Wayne Gramlich wrote:

Everything is a compromise.  Here is a discussion of the issues
that caused us to pick 2400 baud for RoboBricks:

<snipped some reasonable arguments>

This is why I recommend that 'brainstorms' goes with something like I2C.
That protocol is fast and built into the chip.  No software serial I/O
is ever needed and every chip already speaks the protocol so there is
often no need to add a microprocessor at every node (although you undoubtedly
would add microprocessors into nodes that might benefit from some local
compute power).

I2C works at 400k bits per second and has zero software overhead,
it's been around in this form for 10 years and in a 100k bits/sec
version for another 10 years before that - so it's an extremely well
tried and tested solution.

If all the devices we are ever likely to need are already available
with I2C (and are VERY cheap BTW), why compromise?

Even if some obscure things we might one day think of don't come
with I2C, we could just slap a little 8 pin microprocessor and an
8 pin ROM onto that node to decode the I2C and drive whatever the
real device is.

3) Surprisingly enough, since the RoboBricks are doing all of
    the time critical stuff, the time latency introduced by
    communicating at a relatively slow 2400 baud is not very critcal.

I think that makes very large assumptions about what you want to do
with this stuff.   I design large embedded computer systems for flight
simulators - and it's amazing how the traffic can add up when you want
to build complex machines.

240 characters per second is going to translate into a mere couple of
dozen messages per second - you only need a handful of devices sending
things to multiple nodes to swamp that bandwidth.

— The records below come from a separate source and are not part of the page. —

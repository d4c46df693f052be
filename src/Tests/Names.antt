-- ===== src/Tests/Names.antt =====
-- Names of gateways at concrete addresses.
use k8s_ext_connector.Prelude.{Text, codes, ℕ, ◌++◌, ◌≡◌, refl, Option, none, some, List, arith}
use k8s_ext_connector.Exec.{ok}
use k8s_ext_connector.Util.Ip.{Bytes4, hex_bytes, get_hex_ip, get_rule_name, gateway_rule_prefix}
use k8s_ext_connector.Util.Ip.Names.{
  dotted, ipv4_address, get_rule_name-dotted, get_rule_name-injective,
}

abbrev no_ipv6 : Text → Option (List ℕ)
no_ipv6 _ = none

get_rule_name-dotted_example :
    get_rule_name no_ipv6 (dotted (192, 168, 122, 1))
    ≡ ok (gateway_rule_prefix ++ hex_bytes (192, 168, 122, 1))
get_rule_name-dotted_example = get_rule_name-dotted no_ipv6 (192, 168, 122, 1) (omega arith)

get_rule_name-injective_example :
    (b : Bytes4) × (ipv4_address no_ipv6 (codes "10.0.0.7") ≡ some b)
    × (ipv4_address no_ipv6 (codes "10.0.0.007") ≡ some b)
unfolding get_rule_name get_hex_ip
get_rule_name-injective_example =
    get_rule_name-injective no_ipv6 (codes "10.0.0.7") (codes "10.0.0.007") (codes "gwrule0a000007")
      (λ s ip h. cc) refl refl
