-- ===== src/Tests/Operator.antt =====
-- The operator's rules and requests at concrete resources.
use k8s_ext_connector.Prelude.{
  Text, codes, ℕ, Option, none, List, [], ◌∷◌, ◌==◌, ◌≡◌, ◌↔◌, refl, inl, inr, In,
}
use k8s_ext_connector.Prelude.Int.{pos}
use k8s_ext_connector.Prelude.Dict.{Dict, lookup, insert}
use k8s_ext_connector.Exec.{ok, pure}
use k8s_ext_connector.Util.Decimal.{itoa}
use k8s_ext_connector.Util.Ip.{get_rule_name, get_hex_ip}
use k8s_ext_connector.Api.{Source, ServicePort, ExternalService, Endpoints, Gateway, ForwarderRule}
use k8s_ext_connector.Api.Client.{Client}
use k8s_ext_connector.Operator.Ports.{
  flow, gen_relay_port_for_egress, assign, enter, find_port, first_free,
}
use k8s_ext_connector.Operator.Resource.{gen_forward_pod_spec, gen_forward_service_spec}
use k8s_ext_connector.Operator.Rules.{
  gateway_ref, egress_rule, gateway_rule, gen_gateway_egress_rules, gen_gateway_ingress_rules,
  gen_forwarder_egress_rules, egress_sources, egress_ports, egress_addrs, get_endpoint_addrs,
  all_addrs,
}
use k8s_ext_connector.Operator.Rules.Relay.{gen_forwarder_egress_rules-relay}
use k8s_ext_connector.Operator.Rules.Gateways.{FromForwarders, gen_gateway_rules-In}
use k8s_ext_connector.Operator.Watch.{
  requests_for_pod, requests_for_service, requests_for_endpoints,
}
use k8s_ext_connector.Operator.Watch.Requests.{
  request_for, Affected, requests_for_pod-gen_forward_pod_spec, requests_for_endpoints-In,
}
use k8s_ext_connector.Tests.World.{empty_client, meta}
use k8s_ext_connector.Tests.Ports.{rule, forwarder}

abbrev gateway : Gateway (Unit {0})
gateway = record {
  meta = meta (codes "gwrulec0a87ac8");
  spec = record { egress_rules = []; ingress_rules = []; gateway_ip = codes "192.168.122.200" };
  status = record { conditions = tt; rule_generation = 0; sync_generation = 0 };
}

gen_gateway_rules-In_example :
    (In (gateway_rule forwarder rule) (gen_gateway_egress_rules (forwarder ∷ []) gateway)
      ↔ FromForwarders
          (λ fwd. fwd.spec.egress_rules)
          (gateway_rule forwarder rule)
          (forwarder ∷ [])
          gateway)
    × (In (gateway_rule forwarder rule) (gen_gateway_ingress_rules (forwarder ∷ []) gateway)
        ↔ FromForwarders
            (λ fwd. fwd.spec.ingress_rules)
            (gateway_rule forwarder rule)
            (forwarder ∷ [])
            gateway)
gen_gateway_rules-In_example =
    gen_gateway_rules-In (gateway_rule forwarder rule) (forwarder ∷ []) gateway

-- Two source addresses for one service, each with a gateway of its own.
abbrev source : Text → Source
source ip = record {
  service = record { namespace = codes "ns1"; name = codes "my-service1" };
  source_ip = ip;
}

abbrev port_80 : ServicePort
port_80 = record { protocol = codes "TCP"; port = pos 8000; target_port = codes "80" }

abbrev external_service : ExternalService
external_service = record {
  meta = meta (codes "my-externalservice");
  spec = record {
    target_ip = codes "192.168.122.139";
    sources = source (codes "192.168.122.200") ∷ source (codes "192.168.122.201") ∷ [];
    ports = port_80 ∷ [];
  };
}

abbrev endpoints : Endpoints
endpoints = record {
  meta = record (meta (codes "my-service1")) { namespace = codes "ns1" };
  subsets = (codes "10.0.0.2" ∷ []) ∷ [];
}

abbrev serving : Client (Unit {0}) (Unit {0})
serving = record empty_client { get_endpoints = λ _. pure endpoints }

requests_for_pod-gen_forward_pod_spec_example :
    (requests_for_pod (gen_forward_pod_spec external_service) ≡ request_for external_service ∷ [])
    × (requests_for_service (gen_forward_service_spec external_service)
        ≡ request_for external_service ∷ [])
requests_for_pod-gen_forward_pod_spec_example =
    requests_for_pod-gen_forward_pod_spec external_service

requests_for_endpoints-In_example :
    In
      (request_for external_service)
      (requests_for_endpoints endpoints (ok (external_service ∷ [])))
    ↔ Affected (request_for external_service) endpoints (external_service ∷ [])
requests_for_endpoints-In_example =
    requests_for_endpoints-In (request_for external_service) endpoints (external_service ∷ [])

abbrev no_ipv6 : Text → Option (List ℕ)
no_ipv6 _ = none

-- The rule for one gateway, by the gateway's name and address.
abbrev rule_by : Text → Text → ForwarderRule
rule_by name ip =
    egress_rule (codes "192.168.122.139") (source ip) (gateway_ref name) port_80 (codes "10.0.0.2")
      (codes "2049")

abbrev both : List ForwarderRule
both =
    rule_by (codes "gwrulec0a87ac8") (codes "192.168.122.200")
    ∷ rule_by (codes "gwrulec0a87ac9") (codes "192.168.122.201")
    ∷ []

abbrev table : Dict Text
table = (codes "2049", codes "10.0.0.2:80") ∷ []

generated :
    (gen_forwarder_egress_rules serving no_ipv6 external_service table tt).0 ≡ ok (both, table)
unfolding gen_forwarder_egress_rules egress_sources egress_ports egress_addrs get_endpoint_addrs
    all_addrs get_rule_name get_hex_ip gen_relay_port_for_egress assign enter find_port first_free
    lookup insert ◌==◌ itoa egress_rule
generated = refl

gen_forwarder_egress_rules-relay_example :
    flow (codes "10.0.0.2") (codes "80") ≡ flow (codes "10.0.0.2") (codes "80")
unfolding egress_rule lookup
gen_forwarder_egress_rules-relay_example =
    gen_forwarder_egress_rules-relay serving no_ipv6 external_service table tt both table (refl, tt)
      generated (rule_by (codes "gwrulec0a87ac8") (codes "192.168.122.200"))
      (rule_by (codes "gwrulec0a87ac9") (codes "192.168.122.201")) (inl refl) (inr (inl refl)) refl
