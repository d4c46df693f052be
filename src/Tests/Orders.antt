-- ===== src/Tests/Orders.antt =====
-- Tables of used relay ports in two orders, and those rebuilt from a gateway.
use k8s_ext_connector.Prelude.{
  Text, codes, ◌≡◌, ◌≢◌, refl, sym, ap, [], ◌∷◌, ◌==◌, eq_iff, arith, ◌∙◌, inl, inr,
}
use k8s_ext_connector.Prelude.Dict.{Dict, lookup}
use k8s_ext_connector.Exec.{ok}
use k8s_ext_connector.Api.{GatewayRule, Gateway}
use k8s_ext_connector.Operator.Ports.{
  table_of, gen_relay_port_for_egress, gen_used_ports_for_ingress, gen_relay_port_for_ingress,
}
use k8s_ext_connector.Operator.Ports.Assign.{Distinct}
use k8s_ext_connector.Operator.Ports.Order.{
  SameMap, OnePortEach, EndAlike, gen_relay_port_for_egress-EndAlike,
}
use k8s_ext_connector.Operator.Ports.Ingress.{
  Matched, flow_of, rules_named, gen_used_ports_for_ingress_reuses,
}
use k8s_ext_connector.Tests.World.{Pair, fresh_gateway}
use k8s_ext_connector.Tests.Ports.{two_used}

abbrev other_order : Dict Text
other_order = (codes "2050", codes "10.0.0.2:80") ∷ (codes "2049", codes "10.0.0.1:80") ∷ []

one_order-Distinct : Distinct two_used
unfolding lookup ◌==◌
one_order-Distinct = (refl, (refl, tt))

other_order-Distinct : Distinct other_order
unfolding lookup ◌==◌
other_order-Distinct = (refl, (refl, tt))

ports_differ : codes "2049" ≢ codes "2050"
unfolding ◌==◌
ports_differ h = let same = (eq_iff (codes "2049") (codes "2050")).1 h in absurd cc

flows_differ : codes "10.0.0.1:80" ≢ codes "10.0.0.2:80"
unfolding ◌==◌
flows_differ h = let same = (eq_iff (codes "10.0.0.1:80") (codes "10.0.0.2:80")).1 h in absurd cc

orders-SameMap : SameMap two_used other_order
unfolding lookup
orders-SameMap key =
    ground (arith, eq_iff (codes "2049") key, eq_iff (codes "2050") key, ports_differ)

two_used-OnePortEach : OnePortEach two_used
unfolding lookup
two_used-OnePortEach p q v hp hq = ground (
  arith,
  eq_iff (codes "2049") p,
  eq_iff (codes "2050") p,
  eq_iff (codes "2049") q,
  eq_iff (codes "2050") q,
  flows_differ,
)

gen_relay_port_for_egress-EndAlike_example :
    EndAlike
      (gen_relay_port_for_egress (codes "10.0.0.2") (codes "80") two_used)
      (gen_relay_port_for_egress (codes "10.0.0.2") (codes "80") other_order)
gen_relay_port_for_egress-EndAlike_example =
    gen_relay_port_for_egress-EndAlike (codes "10.0.0.2") (codes "80") two_used other_order
      one_order-Distinct other_order-Distinct orders-SameMap two_used-OnePortEach

-- Two ingress rules of one gateway.
abbrev rule_one : GatewayRule
rule_one = record {
  protocol = codes "TCP";
  source_ip = codes "192.168.122.139";
  target_port = codes "80";
  destination_ip = codes "10.0.0.2";
  destination_port = codes "8080";
  forwarder = record { namespace = codes "external-services"; name = codes "my-externalservice" };
  forwarder_ip = codes "10.0.0.9";
  relay_port = codes "2049";
}

abbrev rule_two : GatewayRule
rule_two = record rule_one { target_port = codes "443"; relay_port = codes "2050" }

abbrev gateway : Gateway Pair
gateway = record fresh_gateway {
  spec = record fresh_gateway.spec { ingress_rules = rule_one ∷ rule_two ∷ [] };
}

ingress_flows_differ : flow_of rule_one ≢ flow_of rule_two
unfolding ◌==◌
ingress_flows_differ h = let same = (eq_iff (flow_of rule_one) (flow_of rule_two)).1 h in absurd cc

abbrev relay_port_of : GatewayRule → Text
relay_port_of rule = rule.relay_port

two_rules-Matched : Matched (rule_one ∷ rule_two ∷ [])
two_rules-Matched r s (inl e) (inl f) =
    let same : r ≡ s = e ∙ sym f in (λ _. ap flow_of same, λ _. ap relay_port_of same)
two_rules-Matched r s (inl e) (inr (inl f)) = (
  λ h. absurd (ports_differ (sym (ap relay_port_of e) ∙ h ∙ ap relay_port_of f)),
  λ h. absurd (ingress_flows_differ (sym (ap flow_of e) ∙ h ∙ ap flow_of f)),
)
two_rules-Matched r s (inr (inl e)) (inl f) = (
  λ h. absurd (ports_differ (sym (ap relay_port_of f) ∙ sym h ∙ ap relay_port_of e)),
  λ h. absurd (ingress_flows_differ (sym (ap flow_of f) ∙ sym h ∙ ap flow_of e)),
)
two_rules-Matched r s (inr (inl e)) (inr (inl f)) =
    let same : r ≡ s = e ∙ sym f in (λ _. ap flow_of same, λ _. ap relay_port_of same)
two_rules-Matched r s (inl e) (inr (inr z)) = absurd z
two_rules-Matched r s (inr (inl e)) (inr (inr z)) = absurd z
two_rules-Matched r s (inr (inr z)) n = absurd z

gen_used_ports_for_ingress_reuses_example :
    (tables : Dict (Dict Text)) × (gen_relay_port_for_ingress
        (codes "192.168.122.139")
        (codes "443")
        (codes "gwrulec0a87ac8")
        (gen_used_ports_for_ingress (gateway ∷ []))
      ≡ ok (codes "2050", tables))
    × ((other : Text)
        → table_of other tables ≡ table_of other (gen_used_ports_for_ingress (gateway ∷ [])))
unfolding rules_named ◌==◌
gen_used_ports_for_ingress_reuses_example =
    gen_used_ports_for_ingress_reuses (gateway ∷ []) (codes "gwrulec0a87ac8") rule_two
      two_rules-Matched (inr (inl refl))
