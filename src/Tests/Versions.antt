-- ===== src/Tests/Versions.antt =====
-- An API server that stores one gateway under resource versions.
use k8s_ext_connector.Prelude.{
  Text, codes, ℕ, ◌+◌, ◌≤◌, Option, some, ◌==◌, eq_iff, ◌≡◌, inl, inr, refl, sym, ap, arith,
  Bool-cases, if◌then◌else◌,
}
use k8s_ext_connector.Prelude.Int.{pos}
use k8s_ext_connector.Exec.{Result, ok, err, api}
use k8s_ext_connector.Util.Decimal.{itoa, itoa-injective}
use k8s_ext_connector.Api.{NamespacedName, GatewaySpec, GatewayStatus, Gateway}
use k8s_ext_connector.Api.Client.{Client}
use k8s_ext_connector.Gateway.Protocol.Store.{
  VersionedStore, Outcome, WritesSpec, WritesStatus, some-injective,
}
use k8s_ext_connector.Tests.World.{Pair, empty_client, fresh_gateway}

pub record Server : Type 0 where
  pub spec : GatewaySpec
  pub status : GatewayStatus Pair
  pub writes : ℕ

abbrev pub object : Server → Gateway Pair
object w = record {
  meta = record fresh_gateway.meta { resource_version = itoa (pos w.writes) };
  spec = w.spec;
  status = w.status;
}

-- A write is refused unless the version is the stored one.
abbrev pub write : Gateway Pair → Server → Server → Result (Gateway Pair) × Server
write g w w' =
    if itoa (pos w.writes) == g.meta.resource_version
    then (ok (object w'), w')
    else (err (api 409), w)

abbrev pub with_spec : Gateway Pair → Server → Server
with_spec g w = record { spec = g.spec; status = w.status; writes = w.writes + 1 }

abbrev pub with_status : Gateway Pair → Server → Server
with_status g w = record { spec = w.spec; status = g.status; writes = w.writes + 1 }

abbrev pub server : Client Pair Server
server = record empty_client {
  get_gateway = λ _ w. (ok (object w), w);
  update_gateway = λ g w. write g w (with_spec g w);
  update_gateway_status = λ g w. write g w (with_status g w);
}

abbrev pub stored : Server → Option (Gateway Pair)
stored w = some (object w)

abbrev pub Used : Server → Text → Type 0
Used w v = (m : ℕ) × (m ≤ w.writes) × (v ≡ itoa (pos m))

pub write_lem :
    (Parts : Gateway Pair → Gateway Pair → Gateway Pair → Type 0) (g : Gateway Pair) (w w' : Server)
    → w'.writes ≡ w.writes + 1
    → Parts g (object w) (object w')
    → Outcome stored Used Parts g w (write g w w')
write_lem Parts g w w' next parts =
    elim (Bool-cases (itoa (pos w.writes) == g.meta.resource_version)) [
      | inl same ↦ rw same (
          inr (
            object w,
            object w',
            record {
              found = refl;
              current = (eq_iff (itoa (pos w.writes)) g.meta.resource_version).0 same;
              stores = refl;
              fresh = inr λ (m, le, e). absurd (omega (arith, itoa-injective w'.writes m e));
            },
            parts,
            inl refl,
          ))
      | inr other ↦ rw other (inl (refl, (api 409, refl)))
    ]

pub write-Used :
    (g : Gateway Pair) (w w' : Server) (v : Text)
    → w'.writes ≡ w.writes + 1
    → Used w v
    → Used (write g w w').1 v
write-Used g w w' v next (m, le, e) =
    elim (Bool-cases (itoa (pos w.writes) == g.meta.resource_version)) [
      | inl same ↦ rw same (m, omega arith, e)
      | inr other ↦ rw other (m, le, e)
    ]

pub answered :
    {a b : Gateway Pair}
    → ◌≡◌ {A = Result (Gateway Pair)} (ok a) (ok b)
    → ◌≡◌ {A = Option (Gateway Pair)} (some a) (some b)
answered h = cc

abbrev pub this : NamespacedName
this = record { namespace = codes "external-services"; name = codes "gwrulec0a87ac8" }

abbrev pub versions : VersionedStore server this
versions = record {
  stored = stored;
  used = Used;
  stored_used = λ w g e. (
    w.writes,
    omega arith,
    ap (λ (x : Gateway Pair). x.meta.resource_version) (sym (some-injective stored Used e)),
  );
  get_lem = λ w g e. answered e;
  get_stored = λ w. refl;
  get_used = λ w v u. u;
  update_lem = λ g w. write_lem WritesSpec g w (with_spec g w) refl (refl, refl);
  update_used = λ g w v u. write-Used g w (with_spec g w) v refl u;
  status_lem = λ g w. write_lem WritesStatus g w (with_status g w) refl (refl, refl);
  status_used = λ g w v u. write-Used g w (with_status g w) v refl u;
}
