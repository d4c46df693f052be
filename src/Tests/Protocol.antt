-- ===== src/Tests/Protocol.antt =====
-- One run of the operator and the gateway program, up to a gateway that is synchronised.
use k8s_ext_connector.Prelude.{
  Text, codes, false, Option, none, some, [], ◌==◌, ◌≡◌, refl, sym, arith,
}
use k8s_ext_connector.Util.Ip.{get_hex_ip}
use k8s_ext_connector.Util.Decimal.{itoa}
use k8s_ext_connector.Api.{Gateway}
use k8s_ext_connector.Api.Client.{Client}
use k8s_ext_connector.Iptables.{
  replace_chains, add_chains, append_chains, clear_chains, append_all, append_rules,
}
use k8s_ext_connector.Operator.Rules.{gen_gateway_ingress_rules}
use k8s_ext_connector.Operator.Update.{begin_gateway, set_gateway_rules, finish_gateway}
use k8s_ext_connector.Gateway.Status.{
  need_sync, need_check_sync, mark_syncing, mark_synced, set_syncing, set_synced,
}
use k8s_ext_connector.Gateway.Rules.{get_expected_iptables_rule, jump_chains, own_chains}
use k8s_ext_connector.Gateway.Reconcile.{apply_iptables_rules}
use k8s_ext_connector.Gateway.Protocol.Steps
use k8s_ext_connector.Gateway.Protocol.Steps.{
  idle, has_read, has_begun, has_written, waiting, needs_sync, is_syncing, has_applied, System,
  operator_reads, operator_begins, operator_writes, operator_finishes, gateway_needs_sync,
  gateway_begins, gateway_applies, gateway_finishes, here, next,
}
use k8s_ext_connector.Gateway.Protocol.Store.{some-injective}
use k8s_ext_connector.Gateway.Protocol.Safety.{Installed, Reach-Installed}
use k8s_ext_connector.Tests.World.{
  Pair, pair_conditions, pair_laws, empty_client, fresh_gateway, status_of, set_status, differs,
}
use k8s_ext_connector.Tests.Chains.{Chains, in_memory}
use k8s_ext_connector.Tests.Syncs.{no_rules, closed, no_ipv6}
use k8s_ext_connector.Tests.Versions.{Server, object, server, this, versions}

abbrev hosts : Client Pair Chains
hosts = empty_client

abbrev State : Type 0
State = System Pair Server Chains

abbrev begun : State
begun = record {
  api = record {
    spec = fresh_gateway.spec;
    status = record fresh_gateway.status {
      conditions = record { updating = none; syncing = none };
    };
    writes = 0;
  };
  host = no_rules;
  operator = idle;
  gateway = waiting;
}

abbrev Reachable : State → Type 0
Reachable =
    Steps.Reach pair_conditions fresh_gateway.status.conditions server hosts in_memory no_ipv6
      closed this versions begun

abbrev Run : Type 0
Run = (s : State) × Reachable s

abbrev Move : State → State → Type 0
Move =
    Steps.Step pair_conditions fresh_gateway.status.conditions server hosts in_memory no_ipv6 closed
      this versions

advance : (r : Run) (t : State) → Move r.0 t → Run
advance r t m = (t, next r.1 m)

-- The object that the operator, or the gateway program, holds.
by_operator : Steps.Operator Pair → Gateway Pair
by_operator (has_read g) = g
by_operator (has_begun g) = g
by_operator (has_written g) = g
by_operator idle = fresh_gateway

by_gateway : Steps.Reconciling Pair → Gateway Pair
by_gateway (needs_sync g) = g
by_gateway (is_syncing g) = g
by_gateway (has_applied g) = g
by_gateway _ = fresh_gateway

abbrev address : Text
address = codes "192.168.122.200"

handed_over : Run
unfolding advance by_operator begin_gateway set_gateway_rules finish_gateway itoa ◌==◌ status_of
    set_status differs
handed_over =
    let r₁ =
      advance (begun, here) _
        (operator_reads (object begun.api) (0, omega arith, refl)
          (λ x e ev. some-injective versions.stored versions.used (sym e))) in
    let r₂ = advance r₁ _ (operator_begins (by_operator r₁.0.operator) refl) in
    let r₃ = advance r₂ _ (operator_writes (by_operator r₂.0.operator) [] address refl) in
    advance r₃ _ (operator_finishes (by_operator r₃.0.operator) refl)

unsynced :
    (g : Gateway Pair)
    → ◌≡◌ {A = Option (Gateway Pair)} (some (object begun.api)) (some g)
    → need_check_sync pair_conditions g ≡ false
unfolding need_check_sync status_of
unsynced g e = rw (← some-injective versions.stored versions.used e) refl

-- The first attempt of the gateway program, whose `setSynced` is refused.
attempt : Run
unfolding handed_over advance by_gateway by_operator begin_gateway set_gateway_rules finish_gateway
    need_sync set_syncing set_synced mark_syncing mark_synced itoa ◌==◌ status_of set_status differs
    apply_iptables_rules get_hex_ip get_expected_iptables_rule replace_chains append_chains
    clear_chains own_chains append_all append_rules add_chains jump_chains gen_gateway_ingress_rules
attempt =
    let r₁ = advance handed_over _ (gateway_needs_sync (object handed_over.0.api) refl refl) in
    let r₂ = advance r₁ _ (gateway_begins (by_gateway r₁.0.gateway) refl) in
    let r₃ = advance r₂ _ (gateway_applies (by_gateway r₂.0.gateway) refl) in
    advance r₃ _ (gateway_finishes (by_gateway r₃.0.gateway) refl)

-- The second attempt, which has no `setSyncing` to send.
synchronised : Run
unfolding attempt handed_over advance by_gateway by_operator begin_gateway set_gateway_rules
    finish_gateway need_sync need_check_sync set_syncing set_synced mark_syncing mark_synced itoa
    ◌==◌ status_of set_status differs apply_iptables_rules get_hex_ip get_expected_iptables_rule
    replace_chains append_chains clear_chains own_chains append_all append_rules add_chains
    jump_chains gen_gateway_ingress_rules
synchronised =
    let r₁ = advance attempt _ (gateway_needs_sync (object attempt.0.api) refl refl) in
    let r₂ = advance r₁ _ (gateway_begins (by_gateway r₁.0.gateway) refl) in
    let r₃ = advance r₂ _ (gateway_applies (by_gateway r₂.0.gateway) refl) in
    advance r₃ _ (gateway_finishes (by_gateway r₃.0.gateway) refl)

Reach-Installed_example :
    Installed pair_conditions pair_laws fresh_gateway.status.conditions server hosts in_memory
      no_ipv6 closed this versions
      (object synchronised.0.api)
      synchronised.0.host
unfolding synchronised attempt handed_over advance by_gateway by_operator begin_gateway
    set_gateway_rules finish_gateway need_sync need_check_sync set_syncing set_synced mark_syncing
    mark_synced itoa ◌==◌ status_of set_status differs apply_iptables_rules get_hex_ip
    get_expected_iptables_rule replace_chains append_chains clear_chains own_chains append_all
    append_rules add_chains jump_chains gen_gateway_ingress_rules
Reach-Installed_example =
    Reach-Installed pair_conditions pair_laws fresh_gateway.status.conditions server hosts in_memory
      no_ipv6 closed this versions {s = begun} refl refl unsynced synchronised.1
      (object synchronised.0.api) refl refl
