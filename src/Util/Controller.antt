-- ===== src/Util/Controller.antt =====
-- pkg/util/controller.go: the loop that feeds keys from a work queue to a reconciler. The queue and
-- the functions on keys are client-go's.
pub mod Open
pub mod Retry
pub mod Run
use k8s_ext_connector.Prelude.{
  Text, ℕ, zero, suc, Bool, true, false, Option, none, some, if◌then◌else◌, List, [], ◌∷◌,
}
use k8s_ext_connector.Exec.{Error, Result, ok, err, Exec}
use k8s_ext_connector.Api.{ObjectMeta}

-- What `workqueue.Get` hands out: a key, or an item that is no string.
pub data Item : Type 0 where
  key : Text → Item
  other : Item

-- `get` returns `none` when the queue was shut down.
pub record WorkQueue (W : Type 0) : Type 0 where
  pub add : Text → W → W
  pub get : W → Option Item × W
  pub done : Item → W → W
  pub forget : Item → W → W
  pub add_rate_limited : Text → W → W
  pub shut_down : W → W
  pub meta_namespace_key : ObjectMeta → Result Text
  pub split_meta_namespace_key : Text → Result (Text × Text)

-- `ReconcilerInterface`
abbrev pub ReconcilerInterface : Type 0 → Type 0
ReconcilerInterface W = Text → Text → Exec W (Unit {0})

-- What the informer tells of a resource, to the handlers that `NewController` adds.
pub data ResourceEvent : Type 0 where
  add_func : ObjectMeta → ResourceEvent
  update_func : ObjectMeta → ObjectMeta → ResourceEvent
  delete_func : ObjectMeta → ResourceEvent

-- The object of which the handlers take the key.
unfoldable pub object_of : ResourceEvent → ObjectMeta
object_of (add_func object) = object
object_of (update_func old_object new_object) = new_object
object_of (delete_func object) = object

-- The shared informer: waiting for its cache says whether the cache is in sync, and gives the
-- handlers the events that came meanwhile.
pub record Informer (W : Type 0) : Type 0 where
  pub wait_for_cache_sync : W → Bool × List ResourceEvent × W

-- `Run` ended the program by `glog.Fatalf`, is in its loop, or returned.
pub data RunOutcome : Type 0 where
  fatal in_loop returned : RunOutcome

module _ {W : Type 0} (q : WorkQueue W) where
  unfoldable pub enqueue : ObjectMeta → W → W
  enqueue obj w = elim (q.meta_namespace_key obj) [ ok k ↦ q.add k w | err e ↦ w ]

  -- `AddFunc`, `UpdateFunc` and `DeleteFunc`.
  pub handle_event : ResourceEvent → W → W
  unfolding enqueue object_of
  handle_event event w = enqueue (object_of event) w

  unfoldable pub handle_events : List ResourceEvent → W → W
  unfolding handle_event
  handle_events [] w = w
  handle_events (event ∷ events) w = handle_events events (handle_event event w)

  unfoldable pub get_key : ObjectMeta → Text
  get_key obj = elim (q.meta_namespace_key obj) [ ok k ↦ k | err e ↦ [] ]

  -- What follows `Reconcile`.
  pub after_reconcile : Text → Result (Unit {0}) × W → Result (Unit {0}) × W
  after_reconcile k (ok _, w) = (ok tt, q.forget (key k) w)
  after_reconcile k (err e, w) = (err e, q.add_rate_limited k w)

  pub reconcile_key : ReconcilerInterface W → Text → Result (Text × Text) → Exec W (Unit {0})
  unfolding after_reconcile
  reconcile_key r k (err e) w = (err e, w)
  reconcile_key r k (ok (namespace, name)) w = after_reconcile k (r namespace name w)

  -- The function literal in `processNext`, without its deferred call.
  pub process_item : ReconcilerInterface W → Item → Exec W (Unit {0})
  unfolding reconcile_key
  process_item r other w = (ok tt, q.forget other w)
  process_item r (key k) w = reconcile_key r k (q.split_meta_namespace_key k) w

  pub process_got : ReconcilerInterface W → Option Item → W → Bool × W
  unfolding process_item
  process_got r none w = (false, w)
  process_got r (some item) w = (true, q.done item (process_item r item w).1)

  -- The errors that `processNext` logs are left out.
  unfoldable pub process_next : ReconcilerInterface W → W → Bool × W
  unfolding process_got
  process_next r w = process_got r (q.get w).0 (q.get w).1

  -- `for c.processNext() {}`, with the number of rounds that are looked at.
  unfoldable pub reconcile_loop : ℕ → ReconcilerInterface W → W → Bool × W
  reconcile_loop zero r w = (true, w)
  reconcile_loop (suc rounds) r w =
      let (more, w₁) = process_next r w in
      let rest = reconcile_loop rounds r w₁ in if more then rest else (false, w₁)

  -- What follows the loop: the deferred `ShutDown`, if the loop ended.
  abbrev pub after_loop : Bool × W → RunOutcome × W
  after_loop (more, w) = if more then (in_loop, w) else (returned, q.shut_down w)

  unfoldable pub run : ℕ → Informer W → ReconcilerInterface W → W → RunOutcome × W
  unfolding handle_events reconcile_loop
  run rounds informer r w =
      let (synced, events, w₁) = informer.wait_for_cache_sync w in
      let w₂ = handle_events events w₁ in
      let looped = after_loop (reconcile_loop rounds r w₂) in if synced then looped else (fatal, w₂)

Whilst I can imagine a lot of things you could do with 2400 baud links
that would work just fine, I want to design a system with no unreasonable
built-in limits to scale.  I want it to be like Lego bricks where someone
can take 100,000 2x4 bricks and build a life-size dinosaur.  When someone
has plugged together 1024 brainstorms nodes (the maximum that I2C can
handle), there is 400 bits per second of bandwidth for every node (if they
all talk at once) - and that seems pretty reasonable.

5) I should mention that the neurons that we humans use are not
    particularly fast either.  We seem to get along just fine
    with significant delays from remote sensors in our toes
    to our brain and back.

But the systems are hardly comparable.  Each neuron has dozens of
inputs and each one does a truly miniscule amount of work.  In the
brain, the amount of bandwidth scales better than linearly with
the number of neurons.

Also, the 'software' in your brain is horrible - it does things
that we humans are totally unaware of at the top level - but which
would be *disgusting* kludges to a software design for a robot.

For example:

   * When you dart your eyes from one place to another, your
     brain cannot process all the fast-moving data that results.
     So your eyes are actually 'turned off' during the 'jump' in
     position.  However, all of those blackouts would be terribly
     distracting - so some intermediate process 'fills in' the
     blackouts with data from your memory.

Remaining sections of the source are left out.